The drawback to saving files on 3.5" floppies is, however, that by today's
standards, these disks don't hold all that much data. Photo files can be
quite large, and getting two or three on a floppy may be the best you can
expect. But with the price of CD-burners having become so reasonable, and
the large-capacity CDs themselves being so cheap, this is a much more
practical solution to backing up your files.
Speaking of transferring files, dragging and dropping between folders on the
same disk physically "moves" them from one location to another. If you'd
rather they be "copied," just hold down Ctrl while dragging. An alternative,
within MSOffice programs, is to drag with the right mouse button depressed,
and then to do a right-click on the target location. This will bring up a
choice of "Move Here" or "Copy Here."
Volume Control Icon
David Crossman wrote to say his Volume Control icon had vanished from his
Taskbar and asked how to get it back. I, too, have had this happen and found
that the solution can vary from one computer to another. In theory, all one
has to do is go to Start, Run, and type in MSCONFIG. Click the Startup tab
and make sure that System Tray is checked. A reboot of your PC should then
place the "speaker" icon back in the System Tray near the digital clock.
You can also click on Start, Settings, Control Panel (Start, Control Panel
in WinXP) and double-click Multimedia (or Sound & Audio Devices). On the
Audio tab, check "Show Volume Control on Taskbar."
If none of the above works, try going to Start, Programs, Accessories, Entertainment, and right-clicking Volume Control. Here you can choose Create
Shortcut and then drag the Shortcut icon to your Desktop and/or to your
Taskbar's Quick Launch area. Beyond all this, reinstalling Windows should do
This little Speaker icon, by the way, is just one of several methods of
adjusting your PC's sound output. For instance, all the "media players"

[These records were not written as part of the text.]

-- ===== src/Net/Receive/Bounds.antt =====
-- What the received packet of source/net.c leaves: one packet at a time, never more than the buffer.
use nano_s.Prelude.{
  subst, ◌+◌, ◌^◌, sub16, ℕ, ◌≤◌, ◌<◌, ◌≡◌, refl, List, [], ◌++◌, ◌==◌, ◌&&◌, ltb, lt→ltb,
  if◌then◌else◌, take-take_append, arith, if-both, length, get_or, take, drop, min, length-append,
  length-take, length-drop, sym, ap, ◌∙◌, take-take,
}
use nano_s.Net.State.{Net}
use nano_s.Net.Checksum.{bswap_16}
use nano_s.Net.Arp.{word_at}
use nano_s.Net.Receive.{
  udp, proto_port, rcv_buff_size, store_front, with_packet, payload_size, ip_recv_process, net_recv,
}

-- The packet is in the buffer.
pub record IsBounded (net : Net) : Type 0 where
  pub buffer : length net.rcv_buff ≡ rcv_buff_size
  pub size : net.rcv_size ≤ rcv_buff_size

length-store_front :
    (bytes buffer : List ℕ) (size : ℕ)
    → size ≤ length buffer
    → length (store_front bytes buffer size) ≡ length buffer
length-store_front bytes buffer size h =
    let t = length-take size bytes in
    omega (
      arith,
      length-append (take size bytes) (drop (length (take size bytes)) buffer),
      length-drop (length (take size bytes)) buffer,
      t,
    )

payload_size_le : (packet : List ℕ) → payload_size packet ≤ rcv_buff_size
unfolding payload_size
payload_size_le packet = omega arith

ip_recv_process-IsBounded :
    (net : Net) (buff : List ℕ) → IsBounded net → IsBounded (ip_recv_process net buff)
unfolding ip_recv_process with_packet
ip_recv_process-IsBounded net buff h =
    let packet = drop 20 buff in
    let size = payload_size packet in
    let le = payload_size_le packet in
    let stored =
      with_packet net (store_front (drop 8 packet) net.rcv_buff size) size (take 4 (drop 12 buff))
        (bswap_16 (word_at packet 0)) in
    let bounded : IsBounded stored = record {
      buffer =
          length-store_front (drop 8 packet) net.rcv_buff size (omega (arith, le, h.buffer))
          ∙ h.buffer;
      size = le;
    } in
    let test = (get_or buff 9 0 == udp) && (bswap_16 (word_at packet 2) == proto_port) in
    if-both IsBounded (ltb 0 net.rcv_size) net (if test then stored else net) h
      (if-both IsBounded test stored net bounded h)

net_recv-IsBounded : (net : Net) (size : ℕ) → IsBounded net → IsBounded (net_recv net size).3
unfolding net_recv with_packet
net_recv-IsBounded net size h =
    let empty : IsBounded (with_packet net net.rcv_buff 0 net.rcv_addr net.rcv_port) = record {
      buffer = h.buffer;
      size = omega arith;
    } in
    if-both (λ (r : ℕ × List ℕ × List ℕ × Net). IsBounded r.3) (ltb 0 net.rcv_size)
      (
        min net.rcv_size size,
        net.rcv_addr,
        take (min net.rcv_size size) net.rcv_buff,
        with_packet net net.rcv_buff 0 net.rcv_addr net.rcv_port,
      )
      (0, [], [], net) empty h

-- A packet for the port, when none is stored.
step-stored :
    (net : Net) (buff : List ℕ)
    → net.rcv_size ≡ 0
    → get_or buff 9 0 ≡ udp
    → bswap_16 (word_at (drop 20 buff) 2) ≡ proto_port
    → let packet = drop 20 buff in
      let size = payload_size packet in
      ip_recv_process net buff
      ≡ with_packet net
          (store_front (drop 8 packet) net.rcv_buff size)
          size
          (take 4 (drop 12 buff))
          (bswap_16 (word_at packet 0))
unfolding ip_recv_process
step-stored net buff none protocol port = rw (none, protocol, port) refl

step-full : (net : Net) (buff : List ℕ) → 0 < net.rcv_size → ip_recv_process net buff ≡ net
unfolding ip_recv_process
step-full net buff full = rw (lt→ltb 0 net.rcv_size full) refl

step-delivered :
    (net : Net) (buff_size : ℕ)
    → 0 < net.rcv_size
    → net_recv net buff_size ≡ (
      min net.rcv_size buff_size,
      net.rcv_addr,
      take (min net.rcv_size buff_size) net.rcv_buff,
      with_packet net net.rcv_buff 0 net.rcv_addr net.rcv_port,
    )
unfolding net_recv
step-delivered net buff_size full = rw (lt→ltb 0 net.rcv_size full) refl

take-store_front :
    (bytes buffer : List ℕ) (size k : ℕ)
    → size ≤ length bytes
    → k ≤ size
    → take k (store_front bytes buffer size) ≡ take k bytes
take-store_front bytes buffer size k in_bytes le =
    let n : length (take size bytes) ≡ size = omega (arith, length-take size bytes) in
    let rest = drop (length (take size bytes)) buffer in
    let front : take size (take size bytes ++ rest) ≡ take size bytes =
      take-take_append size bytes rest in_bytes in
    sym (take-take k size (store_front bytes buffer size) le)
    ∙ (ap (take k) front ∙ take-take k size bytes le)

-- The packet that is stored is what the next `net_recv` delivers.
pub net_recv-payload :
    (net : Net) (buff later : List ℕ) (buff_size : ℕ)
    → net.rcv_size ≡ 0
    → get_or buff 9 0 ≡ udp
    → bswap_16 (word_at (drop 20 buff) 2) ≡ proto_port
    → 0 < payload_size (drop 20 buff)
    → payload_size (drop 20 buff) ≤ length (drop 8 (drop 20 buff))
    → let (ret, addr, bytes, after) =
        net_recv (ip_recv_process (ip_recv_process net buff) later) buff_size in
      let size = min (payload_size (drop 20 buff)) buff_size in
      (ret ≡ size)
      × ((addr ≡ take 4 (drop 12 buff))
          × ((bytes ≡ take size (drop 8 (drop 20 buff))) × (after.rcv_size ≡ 0)))
unfolding with_packet
net_recv-payload net buff later buff_size none protocol port some_bytes present =
    let packet = drop 20 buff in
    let size = payload_size packet in
    let stored =
      with_packet net (store_front (drop 8 packet) net.rcv_buff size) size (take 4 (drop 12 buff))
        (bswap_16 (word_at packet 0)) in
    rw
      (
        step-stored net buff none protocol port,
        step-full stored later some_bytes,
        step-delivered stored buff_size some_bytes,
      )
      (
        refl,
        (
          refl,
          (
            take-store_front (drop 8 packet) net.rcv_buff size (min size buff_size) present
                (omega arith),
            refl,
          ),
        ),
      )

payload_size_lem :
    (packet : List ℕ) (n : ℕ)
    → bswap_16 (word_at packet 4) ≡ 8 + n
    → 8 + n < 2 ^ 16
    → payload_size packet ≡ min n 256
unfolding payload_size
payload_size_lem packet n length_field fits =
    let rest : sub16 (8 + n) 8 ≡ n = omega arith in rw (length_field, rest) refl

-- A packet of UDP for port 8086 whose header gives the length of 8 bytes for itself and n > 0 for the
-- program, which arrives when none is stored and has the first n or 256 of these bytes, the fewer, is
-- what the next `net_recv` delivers, whatever packet arrives in between: the sender's address, and the
-- bytes of the packet, n of them, but no more than 256 and than the caller asks for. The buffer is
-- free again after that.
pub net_recv-ip_recv_process :
    (net : Net) (buff later : List ℕ) (buff_size n : ℕ)
    → net.rcv_size ≡ 0
    → get_or buff 9 0 ≡ 17
    → bswap_16 (word_at (drop 20 buff) 2) ≡ 8086
    → bswap_16 (word_at (drop 20 buff) 4) ≡ 8 + n
    → 8 + n < 2 ^ 16
    → 0 < n
    → min n 256 ≤ length (drop 8 (drop 20 buff))
    → let (ret, addr, bytes, after) =
        net_recv (ip_recv_process (ip_recv_process net buff) later) buff_size in
      let size = min (min n 256) buff_size in
      (ret ≡ size)
      × ((addr ≡ take 4 (drop 12 buff))
          × ((bytes ≡ take size (drop 8 (drop 20 buff))) × (after.rcv_size ≡ 0)))
net_recv-ip_recv_process net buff later buff_size n none protocol port length_field fits pos
      present =
    let size = payload_size_lem (drop 20 buff) n length_field fits in
    subst
      (λ (m : ℕ).
        let (ret, addr, bytes, after) =
          net_recv (ip_recv_process (ip_recv_process net buff) later) buff_size in
        (ret ≡ min m buff_size)
        × ((addr ≡ take 4 (drop 12 buff))
            × ((bytes ≡ take (min m buff_size) (drop 8 (drop 20 buff))) × (after.rcv_size ≡ 0))))
      size
      (net_recv-payload net buff later buff_size none protocol port (rw size (omega arith))
        (rw size present))
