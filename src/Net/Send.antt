-- ===== src/Net/Send.antt =====
-- The packets that source/net.c sends: `eth_send`, `arp_request`, `arp_reply`, `ip_send` and
-- `udp_send`, which build the headers in front of the data in the memory of the packet. `ne2k_send`
-- is the card: what is sent is the list of the bytes that it is given.
pub mod Range
pub mod Frame
pub mod Packet
pub mod Delivery
use nano_s.Prelude.{
  ℕ, zero, suc, ◌+◌, ◌-◌, ◌*◌, ◌/◌, ◌%◌, ◌^◌, List, [], ◌∷◌, ◌++◌, length, take, Option, none, some,
  u16, min, ltb, if◌then◌else◌, replicate, Bool, true, false,
}
use nano_s.Memory.{Segment, range, store_byte, memcpy, memset}
use nano_s.Net.Crc.{crc32_byte}
use nano_s.Net.Checksum.{bswap_16, net_checksum}
use nano_s.Net.State.{Net}
use nano_s.Net.Arp.{MacAt, nowhere, get_effective_ip, find_mac_in_table, mac_of}

-- `memcpy` from a global array, or the stores to the fields of a header.
unfoldable pub put : Segment → ℕ → List ℕ → Segment
put mem addr [] = mem
put mem addr (b ∷ bs) = put (store_byte mem addr b) (addr + 1) bs

-- The bytes of a word and of a double word in memory.
abbrev pub word_bytes : ℕ → List ℕ
word_bytes w = w % 256 ∷ w / 256 ∷ []

abbrev pub long_bytes : ℕ → List ℕ
long_bytes w = w % 256 ∷ w / 256 % 256 ∷ w / 65536 % 256 ∷ w / 16777216 ∷ []

abbrev pub eth_hdr_len : ℕ
eth_hdr_len = 14

abbrev pub eth_crc_len : ℕ
eth_crc_len = 4

-- The memory with the frame whose data is at `addr`.
unfoldable pub eth_frame : Net → Segment → List ℕ → ℕ → ℕ → ℕ → Segment
eth_frame net mem dst_mac type addr len =
    let moved = (memcpy (addr + eth_hdr_len) addr len mem).1 in
    let addressed = put (put moved addr dst_mac) (addr + 6) net.local_mac in
    let headed = put addressed (addr + 12) (word_bytes (bswap_16 type)) in
    let eth_crc = crc32_byte (range headed addr (eth_hdr_len + len)) in
    put headed (addr + (eth_hdr_len + len)) (long_bytes eth_crc)

-- The bytes that are sent, and the memory.
unfoldable pub eth_send : Net → Segment → List ℕ → ℕ → ℕ → ℕ → List ℕ × Segment
eth_send net mem dst_mac type addr len =
    let framed = eth_frame net mem dst_mac type addr len in
    (range framed addr (eth_hdr_len + len + eth_crc_len), framed)

abbrev pub type_arp : ℕ
type_arp = 0x0806

abbrev pub type_ip : ℕ
type_ip = 0x0800

abbrev pub op_request_code : ℕ
op_request_code = 1

abbrev pub op_reply_code : ℕ
op_reply_code = 2

-- The packet of `arp_request` and `arp_reply` in `snd_buff`.
unfoldable pub arp_packet : Net → ℕ → List ℕ → List ℕ → List ℕ
arp_packet net op dha dpa =
    word_bytes (bswap_16 1)
    ++ (word_bytes (bswap_16 0x0800)
        ++ (6
            ∷ 4
            ∷ (word_bytes (bswap_16 op) ++ (net.local_mac ++ (net.local_ip ++ (dha ++ dpa))))))

unfoldable pub arp_request : Net → Segment → ℕ → List ℕ → List ℕ × Segment
arp_request net mem snd_buff ip =
    let broadcast = replicate 6 0xFF in
    eth_send net (put mem snd_buff (arp_packet net op_request_code broadcast ip)) broadcast type_arp
      snd_buff 28

unfoldable pub arp_reply : Net → Segment → ℕ → List ℕ → List ℕ → List ℕ × Segment
arp_reply net mem snd_buff mac ip =
    eth_send net (put mem snd_buff (arp_packet net op_reply_code mac ip)) mac type_arp snd_buff 28

-- The header of an IP packet with a checksum; `id` is what `++id` gives.
unfoldable pub ip_header : Net → ℕ → ℕ → ℕ → ℕ → List ℕ → List ℕ
ip_header net id protocol len checksum dst_ip =
    69
    ∷ 0
    ∷ (word_bytes (bswap_16 (len + 20))
        ++ (word_bytes (bswap_16 id)
            ++ (0 ∷ 0 ∷ 128 ∷ protocol ∷ (word_bytes checksum ++ (net.local_ip ++ dst_ip)))))

-- The memory with the packet whose data is at `addr`.
unfoldable pub ip_packet : Net → Segment → ℕ → List ℕ → ℕ → ℕ → ℕ → Segment
ip_packet net mem id dst_ip protocol addr len =
    let moved = (memcpy (addr + 20) addr len mem).1 in
    let headed = put moved addr (ip_header net id protocol len 0 dst_ip) in
    let checksum = net_checksum (range headed addr 20) in
    put headed (addr + 10) (word_bytes (bswap_16 checksum))

-- What is sent, if there is a hardware address for it, and the memory.
unfoldable pub ip_send : Net → Segment → ℕ → List ℕ → ℕ → ℕ → ℕ → Option (List ℕ) × Segment
ip_send net mem id dst_ip protocol addr len =
    let packet = ip_packet net mem id dst_ip protocol addr len in
    let place = find_mac_in_table net (get_effective_ip net dst_ip) in
    let (sent, framed) = eth_send net packet (mac_of net place) type_ip addr (20 + len) in
    elim place [ nowhere ↦ (none, packet) | _ ↦ (some sent, framed) ]

abbrev pub snd_buff_size : ℕ
snd_buff_size = 256

-- How many bytes of the data go into `snd_buff` behind the headers.
abbrev pub clamped : ℕ → ℕ
clamped len = min (snd_buff_size - 12 - 8 - 20 - 14) len

-- `snd_buff` with the packet, in front of it the addresses that go into the checksum.
unfoldable pub udp_packet : Net → Segment → ℕ → List ℕ → ℕ → ℕ → List ℕ → Segment
udp_packet net mem snd_buff dst_ip src_port dst_port bytes =
    let len = length bytes in
    let cleared = (memset snd_buff 0 snd_buff_size mem).1 in
    let filled = put cleared (snd_buff + 20) bytes in
    let ports = word_bytes (bswap_16 src_port) ++ word_bytes (bswap_16 dst_port) in
    let size = word_bytes (bswap_16 (len + 8)) in
    let headed = put filled (snd_buff + 12) (ports ++ size) in
    let pseudo = put headed snd_buff (net.local_ip ++ (dst_ip ++ (0 ∷ 17 ∷ size))) in
    let checksum = net_checksum (range pseudo snd_buff (20 + len)) in
    put pseudo (snd_buff + 18) (word_bytes (bswap_16 checksum))

-- The loop of `provide_mac_address`, with at most `n` requests; `wait` is what the packets that come
-- in while the code waits do to the globals and the memory. The frames sent, and the state.
unfoldable pub ask_mac :
    (Net → Segment → Net × Segment) → ℕ → ℕ → List ℕ → Net → Segment → List (List ℕ) × Net × Segment
ask_mac wait zero snd_buff ip net mem = ([], net, mem)
ask_mac wait (suc n) snd_buff ip net mem =
    let (sent, asked) = arp_request net mem snd_buff ip in
    let (net', mem') = wait net asked in
    let (frames, later, after) = ask_mac wait n snd_buff ip net' mem' in
    elim (find_mac_in_table net ip) [ nowhere ↦ (sent ∷ frames, later, after) | _ ↦ ([], net, mem) ]

-- Whether there is an address in the end, the requests and the state.
unfoldable pub provide_mac_address :
    (Net → Segment → Net × Segment)
    → Net
    → Segment
    → ℕ
    → List ℕ
    → Bool × List (List ℕ) × Net × Segment
provide_mac_address wait net mem snd_buff ip =
    let effective = get_effective_ip net ip in
    let (frames, net', mem') = ask_mac wait 16 snd_buff effective net mem in
    elim (find_mac_in_table net' effective) [
      | nowhere ↦ (false, frames, net', mem')
      | _ ↦ (true, frames, net', mem')
    ]

-- The frames sent, whether the packet is sent, and the state.
unfoldable pub udp_send :
    (Net → Segment → Net × Segment)
    → Net
    → Segment
    → ℕ
    → ℕ
    → List ℕ
    → ℕ
    → ℕ
    → List ℕ
    → List (List ℕ) × Option (List ℕ) × Net × Segment
udp_send wait net mem snd_buff id dst_ip src_port dst_port bytes =
    let (has_mac, frames, net', mem') = provide_mac_address wait net mem snd_buff dst_ip in
    let (has_gate, more, net'', mem'') =
      provide_mac_address wait net' mem' snd_buff net'.local_gate in
    let sent = take (clamped (length bytes)) bytes in
    let (frame, done) =
      ip_send net'' (udp_packet net'' mem'' snd_buff dst_ip src_port dst_port sent) id dst_ip 17
        (snd_buff + 12) (8 + length sent) in
    if has_mac
    then if has_gate
      then (frames ++ more, frame, net'', done)
      else (frames ++ more, none, net'', mem'')
    else (frames, none, net', mem')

(Windows, QuickTime, RealPlayer, etc.) have volume control sliders. Beyond
that, my Toshiba laptop has a volume control knob and the headset I use also
has a manual control, as does my regular desktop speaker set. However, none
of these devices do anything if your Windows Volume Control is set to zero
or to Mute.
Changing and/or Creating Desktop Icons
Milos Vancura* wrote to say he's created some new folders for holding special
files and asked if there is a way of changing their "plain vanilla"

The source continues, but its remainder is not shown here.